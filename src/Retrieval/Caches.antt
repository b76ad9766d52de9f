-- ===== src/Retrieval/Caches.antt =====
-- The caches of src/auditflow/retrieval/retrieve.py and `Bm25Index` of ingest/index/bm25_index.py, as a
-- query process uses them. FAISS, the embedder, BM25Okapi, the reranker and the files are `Engines`.
pub mod Coherence
pub mod Reload
use audit_flow_ai.Base.{ℕ, String, true, false, Option, none, some, List, [], ◌∷◌, map, is_empty}
use audit_flow_ai.Base.Dict.{Dict, keys, values}
use audit_flow_ai.Base.Text.{Tables, split}
use audit_flow_ai.Exec.{
  Result, ok, raised, Exec, ◌>>=◌, ◌>>◌, pure, raise, raise_if, modify, reraise,
}
use audit_flow_ai.Schemas.Errors.{audit, retrieval_error, other}
use audit_flow_ai.Schemas.Floats.{Floats}
use audit_flow_ai.Schemas.Retrieval.{ChunkRecord}

-- `load_local` and `read_corpus` give `none` where there is no file. `similarity_search` gives the ids
-- in the metadata of the nearest documents, which `FaissIndex.add` wrote.
pub record Engines (F : Floats) : Type 1 where
  pub World : Type 0
  pub tables : Tables
  pub Embedder : Type 0
  pub Store : Type 0
  pub Okapi : Type 0
  pub load_embedder : Exec World Embedder
  pub load_local : Embedder → Exec World (Option Store)
  pub read_corpus : Exec World (Option (Dict ChunkRecord))
  pub okapi : List (List String) → Exec World Okapi
  pub similarity_search : Store → String → ℕ → Exec World (List String)
  pub get_scores : Okapi → List String → Exec World (List F.Float)
  pub rerank : List (String × String) → Exec World (List F.Float)

module _ {F : Floats} (g : Engines F) where
  -- `_embedder`, `_faiss_index`, `_bm25_index` and `_bm25_cache`
  pub record Caches : Type 0 where
    pub embedder : Option g.Embedder
    pub faiss_index : Option (Option g.Store)
    pub bm25_index : Option (Dict ChunkRecord)
    pub bm25_cache : Option (List String × g.Okapi)
    pub engines : g.World

  abbrev pub Query : Type 0 → Type 0
  Query A = Exec Caches A

  abbrev pub on_engines : {A : Type 0} → Exec g.World A → Query A
  on_engines e s = let (x, w) = e s.engines in (x, record s { engines = w })

  -- `text.lower().split()`
  abbrev pub tokens : String → List String
  tokens text = split g.tables.is_space (g.tables.lower text)

  -- `Bm25Index(path)`
  abbrev pub corpus_of : Option (Dict ChunkRecord) → Dict ChunkRecord
  corpus_of none = []
  corpus_of (some corpus) = corpus

  unfoldable pub new_bm25_index : Query (Dict ChunkRecord)
  new_bm25_index = do corpus ← on_engines g.read_corpus; pure (corpus_of corpus)

  unfoldable pub get_embedder : Query g.Embedder
  get_embedder s = elim s.embedder [
    | some e ↦ (ok e, s)
    | none ↦
        (do e ← on_engines g.load_embedder; modify (λ s. record s { embedder = some e }); pure e) s
  ]

  unfoldable pub get_faiss_index : g.Embedder → Query (Option g.Store)
  get_faiss_index embedder s = elim s.faiss_index [
    | some f ↦ (ok f, s)
    | none ↦
        (do
          f ← on_engines (g.load_local embedder)
          modify (λ s. record s { faiss_index = some f })
          pure f)
          s
  ]

  unfoldable pub get_bm25_index : Query (Dict ChunkRecord)
  unfolding new_bm25_index
  get_bm25_index s = elim s.bm25_index [
    | some corpus ↦ (ok corpus, s)
    | none ↦
        (do
          corpus ← new_bm25_index
          modify (λ s. record s { bm25_index = some corpus })
          pure corpus)
          s
  ]

  unfoldable pub get_indexes : Query (Option g.Store × Dict ChunkRecord)
  unfolding get_embedder get_faiss_index get_bm25_index
  get_indexes = do
    embedder ← get_embedder
    faiss ← get_faiss_index embedder
    corpus ← get_bm25_index
    pure (faiss, corpus)

  unfoldable pub build_bm25 : Dict ChunkRecord → Query (List String × g.Okapi)
  build_bm25 corpus = do
    index ← on_engines (g.okapi (map (λ c. tokens c.raw_chunk_text) (values corpus)))
    pure (keys corpus, index)

  unfoldable pub get_cached_bm25 : Query (List String × g.Okapi)
  unfolding get_indexes build_bm25
  get_cached_bm25 s = elim s.bm25_cache [
    | some cache ↦ (ok cache, s)
    | none ↦
        (do
          indexes ← get_indexes
          cache ← build_bm25 indexes.1
          modify (λ s. record s { bm25_cache = some cache })
          pure cache)
          s
  ]

  unfoldable pub invalidate_cache : Query Unit
  invalidate_cache = modify (λ s. record s { bm25_cache = none })

  -- `FaissIndex.store`
  unfoldable pub store : Option g.Store → Query g.Store
  store none = raise other
  store (some vectors) = pure vectors

  pub record Fresh : Type 0 where
    pub faiss : Option g.Store
    pub corpus : Dict ChunkRecord
    pub cache : List String × g.Okapi

  -- the body of the `try`
  unfoldable pub load_fresh : g.Embedder → Query Fresh
  unfolding new_bm25_index build_bm25 store
  load_fresh embedder = do
    faiss ← on_engines (g.load_local embedder)
    corpus ← new_bm25_index
    cache ← build_bm25 corpus
    _ ← store faiss
    raise_if (is_empty corpus) (audit retrieval_error)
    pure (record { faiss = faiss; corpus = corpus; cache = cache })

  -- under the lock
  unfoldable pub swap_in : Fresh → Query Unit
  swap_in new = modify (λ s. record s {
    faiss_index = some new.faiss;
    bm25_index = some new.corpus;
    bm25_cache = some new.cache;
  })

  unfoldable pub reload_index_from_disk : Query Unit
  unfolding get_indexes load_fresh swap_in
  reload_index_from_disk s = elim s.embedder [
    | none ↦ (do _ ← get_indexes; pure tt) s
    | some embedder ↦
        (do new ← λ s. reraise (audit retrieval_error) (load_fresh embedder s); swap_in new) s
  ]

  unfoldable pub get_all_chunks : Query (List ChunkRecord)
  unfolding get_indexes
  get_all_chunks = do indexes ← get_indexes; pure (values indexes.1)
***
:: Your instructions ::
Would you print exactly, and only, the lines of the data above from the line with "unfoldable pub get_cached_bm25" through the line with "-- the body", inclusive?

:: Answer to the exercise ::
  unfoldable pub get_cached_bm25 : Query (List String × g.Okapi)
  unfolding get_indexes build_bm25
  get_cached_bm25 s = elim s.bm25_cache [
    | some cache ↦ (ok cache, s)
    | none ↦
        (do
          indexes ← get_indexes
          cache ← build_bm25 indexes.1
          modify (λ s. record s { bm25_cache = some cache })
          pure cache)
          s
  ]

  unfoldable pub invalidate_cache : Query Unit
  invalidate_cache = modify (λ s. record s { bm25_cache = none })

  -- `FaissIndex.store`
  unfoldable pub store : Option g.Store → Query g.Store
  store none = raise other
  store (some vectors) = pure vectors

  pub record Fresh : Type 0 where
    pub faiss : Option g.Store
    pub corpus : Dict ChunkRecord
    pub cache : List String × g.Okapi

  -- the body of the `try`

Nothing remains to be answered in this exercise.